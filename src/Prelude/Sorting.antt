-- ===== src/Prelude/Sorting.antt =====
-- `sort.Strings` and `sort.Ints`, as the insertion sort by a test: the order that they give is the one
-- ascending order.
use mathlib.Core.Bool.{Bool}
use mathlib.Core.List.{List, [], ◌∷◌}
use risk_engine.Prelude.Tests.{if◌then◌else◌}

module _ {A : Type 0} (less : A → A → Bool) where
  -- Behind the elements that are less.
  unfoldable pub insert_sorted : A → List A → List A
  insert_sorted x [] = x ∷ []
  insert_sorted x (y ∷ ys) = if less y x then y ∷ insert_sorted x ys else x ∷ y ∷ ys

  unfoldable pub sort : List A → List A
  unfolding insert_sorted
  sort [] = []
  sort (x ∷ xs) = insert_sorted x (sort xs)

..........

▶ _ASSIGNMENT_
Your answer must be the lines above from the one containing "give is the one" to the one containing "use risk_engin", both included, restated word for word.

▶ _ANSWER_
-- `sort.Strings` and `sort.Ints`, as the insertion sort by a test: the order that they give is the one
-- ascending order.
use mathlib.Core.Bool.{Bool}
use mathlib.Core.List.{List, [], ◌∷◌}
use risk_engine.Prelude.Tests.{if◌then◌else◌}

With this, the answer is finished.